# I'm gonna be taking Photoshop requests... [image heavy]



## WaffleTheEpic (Jan 18, 2013)

As the topic states, I'm gonna try to get back into using Photoshop, and will be glad to take requests from people here on SSO.

I'm pretty... okay when it comes to Photoshop stuff, and I've got some experience with Illustrator as well (for band logos). I'll be doing stuff for free, but you guys are welcome to donate if you please. 

Most of my experience is with forum signatures for places like Gamebattles or related websites for gaming clans and such, so they're mostly a pre-rendered image on a Photoshopped background, but I can do album art depending on what it is, and I can do posters... I'll give practically anything a shot.

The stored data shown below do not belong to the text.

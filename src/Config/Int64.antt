-- ===== src/Config/Int64.antt =====
-- src/config.rs: the integers of the configuration, `i64`, and their casts.
use ironbind.Prelude.{
  ℕ, zero, suc, ◌+◌, ◌-◌, ◌%◌, ◌^◌, Option, none, some, [], ◌∷◌, ltb, ◌==◌, if◌then◌else◌,
}
use ironbind.Prelude.Chars.{Chars, parse_digits}

pub data ℤ : Type 0 where
  pos : ℕ → ℤ
  negsuc : ℕ → ℤ

abbrev negate : ℕ → ℤ
negate zero = pos 0
negate (suc n) = negsuc n

abbrev signed : (ℕ → ℤ) → Option ℕ → Option ℤ
signed f none = none
signed f (some n) = some (f n)

-- One digit or more, of a number below a limit.
abbrev digits : ℕ → Chars → Option ℕ
digits limit [] = none
digits limit (c ∷ cs) = parse_digits limit (some 0) (c ∷ cs)

-- `parse::<i64>()`
unfoldable pub parse_i64 : Chars → Option ℤ
parse_i64 [] = none
parse_i64 (c ∷ cs) =
    if c == 43
    then signed pos (digits (2 ^ 63) cs)
    else if c == 45
    then signed negate (digits (2 ^ 63 + 1) cs)
    else signed pos (digits (2 ^ 63) (c ∷ cs))

-- `as` to an unsigned integer of `w` bits.
unfoldable pub cast : ℕ → ℤ → ℕ
cast w (pos n) = n % 2 ^ w
cast w (negsuc n) = 2 ^ w - 1 - n % 2 ^ w

-- `max(m)`, for a bound that is not negative.
unfoldable pub max_pos : ℕ → ℤ → ℤ
max_pos m (pos n) = if ltb n m then pos m else pos n
max_pos m (negsuc n) = pos m
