-- ===== src/Config/Toml.antt =====
-- src/config.rs: `Toml`, a reader of a part of TOML.
use ironbind.Prelude.{
  ℕ, Bool, true, false, not, ◌&&◌, Option, none, some, List, [], ◌∷◌, map, filter, ◌==◌,
  if◌then◌else◌, is_empty,
}
use mathlib.Core.Option
use ironbind.Prelude.Text.{codes, bytes_eq}
use ironbind.Prelude.Chars.{Chars, trim, lines, split}
use ironbind.Prelude.Assoc.{Assoc, bytes_key, lookup, insert}
use ironbind.Config.Int64.{ℤ, parse_i64}

pub data TomlVal : Type 0 where
  str : Chars → TomlVal
  int : ℤ → TomlVal
  bool : Bool → TomlVal
  array : List Chars → TomlVal

abbrev Section : Type 0
Section = Assoc Chars TomlVal

pub record Toml : Type 0 where
  pub global : Section
  pub sections : Assoc Chars Section

-- What a reader of a value gives, a panic included.
pub data Read {ℓ} (A : Type ℓ) : Type ℓ where
  value : A → Read A
  nothing panic : Read A

abbrev quote_mark : ℕ
quote_mark = 34

unfoldable strip_hash_from : Bool → Chars → Chars
strip_hash_from in_str [] = []
strip_hash_from in_str (c ∷ cs) =
    let rest = strip_hash_from (if c == quote_mark then not in_str else in_str) cs in
    if c == 35 && not in_str then [] else c ∷ rest

unfoldable strip_comment : Chars → Chars
unfolding strip_hash_from
strip_comment = strip_hash_from false

-- The text without its last character, where that is `c`.
unfoldable strip_last : ℕ → Chars → Option Chars
strip_last c [] = none
strip_last c (x ∷ []) = if x == c then some [] else none
strip_last c (x ∷ y ∷ ys) = Option.map (λ s. x ∷ s) (strip_last c (y ∷ ys))

-- `starts_with`, `ends_with` and the slice between them, for two characters that differ.
unfoldable enclosed : ℕ → ℕ → Chars → Option Chars
unfolding strip_last
enclosed open_char close_char [] = none
enclosed open_char close_char (c ∷ cs) = if c == open_char then strip_last close_char cs else none

abbrev trim_start_quotes : Chars → Chars
trim_start_quotes [] = []
trim_start_quotes (c ∷ cs) = if c == quote_mark then trim_start_quotes cs else c ∷ cs

abbrev trim_end_quotes : Chars → Chars
trim_end_quotes [] = []
trim_end_quotes (c ∷ cs) =
    let rest = trim_end_quotes cs in if c == quote_mark && is_empty rest then [] else c ∷ rest

-- The items of an array.
unfoldable array_items : Chars → List Chars
array_items inner =
    filter (λ p. not (is_empty p))
      (map (λ p. trim_end_quotes (trim_start_quotes (trim p))) (split 44 inner))

-- A value that is not a string in quotes.
unfoldable parse_bare : Chars → Read TomlVal
unfolding enclosed array_items
parse_bare s =
    let scalar : Read TomlVal = elim (parse_i64 s) [
      | some n ↦ value (int n)
      | none ↦ if is_empty s then nothing else value (str s)
    ] in
    if bytes_eq s (codes "true")
    then value (bool true)
    else if bytes_eq s (codes "false")
    then value (bool false)
    else elim (enclosed 91 93 s) [ some inner ↦ value (array (array_items inner)) | none ↦ scalar ]

-- A quote alone starts and ends with a quote, and the slice between panics.
unfoldable parse_value : Chars → Read TomlVal
unfolding parse_bare
parse_value s =
    let quoted : Read TomlVal = elim (enclosed quote_mark quote_mark s) [
      | some inner ↦ value (str inner)
      | none ↦ parse_bare s
    ] in
    if bytes_eq s (quote_mark ∷ []) then panic else quoted

-- `find('=')` and the two slices around it.
unfoldable split_equals : Chars → Option (Chars × Chars)
split_equals [] = none
split_equals (c ∷ cs) =
    let rest = split_equals cs in
    if c == 61 then some ([], cs) else Option.map (λ (p : Chars × Chars). (c ∷ p.0, p.1)) rest

unfoldable parse_kv : Chars → Read (Chars × TomlVal)
unfolding split_equals parse_value
parse_kv line = elim (split_equals line) [
  | none ↦ nothing
  | some (key, val_str) ↦ elim (parse_value (trim val_str)) [
    | nothing ↦ nothing
    | panic ↦ panic
    | value v ↦ value (trim key, v)
  ]
]

-- The loop of `parse_str`: the section that the lines are in, and what was read.
pub record Parsing : Type 0 where
  pub current_section : Option Chars
  pub toml : Toml

abbrev or_new : Option Section → Section
or_new none = []
or_new (some s) = s

unfoldable put_value : Option Chars → Chars → TomlVal → Toml → Toml
put_value none k v t = record t { global = insert k v t.global }
put_value (some sec) k v t = record t {
  sections = insert sec (insert k v (or_new (lookup sec t.sections))) t.sections;
}

unfoldable parse_line : Chars → Parsing → Read Parsing
unfolding strip_comment enclosed parse_kv put_value
parse_line raw st =
    let line = trim (strip_comment raw) in
    let entry : Read Parsing = elim (parse_kv line) [
      | nothing ↦ value st
      | panic ↦ panic
      | value (k, v) ↦ value (record st { toml = put_value st.current_section k v st.toml })
    ] in
    if is_empty line then value st else elim (enclosed 91 93 line) [
      | some inner ↦ value (record st { current_section = some (trim inner) })
      | none ↦ entry
    ]

unfoldable parse_lines : List Chars → Parsing → Read Parsing
unfolding parse_line
parse_lines [] st = value st
parse_lines (l ∷ ls) st = elim (parse_line l st) [
  | value st' ↦ parse_lines ls st'
  | nothing ↦ nothing
  | panic ↦ panic
]

-- `parse_str`, or the panic that it ends in.
unfoldable pub parse_str : Chars → Read Toml
unfolding parse_lines
parse_str s =
    let empty : Toml = record { global = []; sections = [] } in
    elim (parse_lines (lines s) (record { current_section = none; toml = empty })) [
      | value st ↦ value st.toml
      | nothing ↦ nothing
      | panic ↦ panic
    ]

unfoldable pub get_value : Toml → Option Chars → Chars → Option TomlVal
get_value t none key = lookup key t.global
get_value t (some sec) key = elim (lookup sec t.sections) [ none ↦ none | some s ↦ lookup key s ]

abbrev str_of : TomlVal → Option Chars
str_of (str s) = some s
str_of (int n) = none
str_of (bool b) = none
str_of (array a) = none

abbrev int_of : TomlVal → Option ℤ
int_of (str s) = parse_i64 s
int_of (int n) = some n
int_of (bool b) = none
int_of (array a) = none

abbrev bool_of : TomlVal → Option Bool
bool_of (str s) =
    if bytes_eq s (codes "true")
    then some true
    else if bytes_eq s (codes "false")
    then some false
    else none
bool_of (int n) = none
bool_of (bool b) = some b
bool_of (array a) = none

abbrev pub array_of : TomlVal → List Chars
array_of (str s) = s ∷ []
array_of (int n) = []
array_of (bool b) = []
array_of (array a) = a

abbrev and_then {ℓ} : {A : Type ℓ} → Option TomlVal → (TomlVal → Option A) → Option A
and_then none f = none
and_then (some v) f = f v

unfoldable pub get_str : Toml → Option Chars → Chars → Option Chars
unfolding get_value
get_str t section key = and_then (get_value t section key) str_of

unfoldable pub get_int : Toml → Option Chars → Chars → Option ℤ
unfolding get_value
get_int t section key = and_then (get_value t section key) int_of

unfoldable pub get_bool : Toml → Option Chars → Chars → Option Bool
unfolding get_value
get_bool t section key = and_then (get_value t section key) bool_of

unfoldable pub get_array : Toml → Option Chars → Chars → List Chars
unfolding get_value
get_array t section key = elim (get_value t section key) [ none ↦ [] | some v ↦ array_of v ]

My one thing though, (ting doeee) is that there may be a waiting period, depending on how much homework I have (being a college student in a Physics major) and stuff.

*Any images you want in it need to be good quality and a large enough resolution. I can only do so much to improve image quality.*

You're welcome to post requests here or PM me with your requests.

But here you guys go, some images I've done.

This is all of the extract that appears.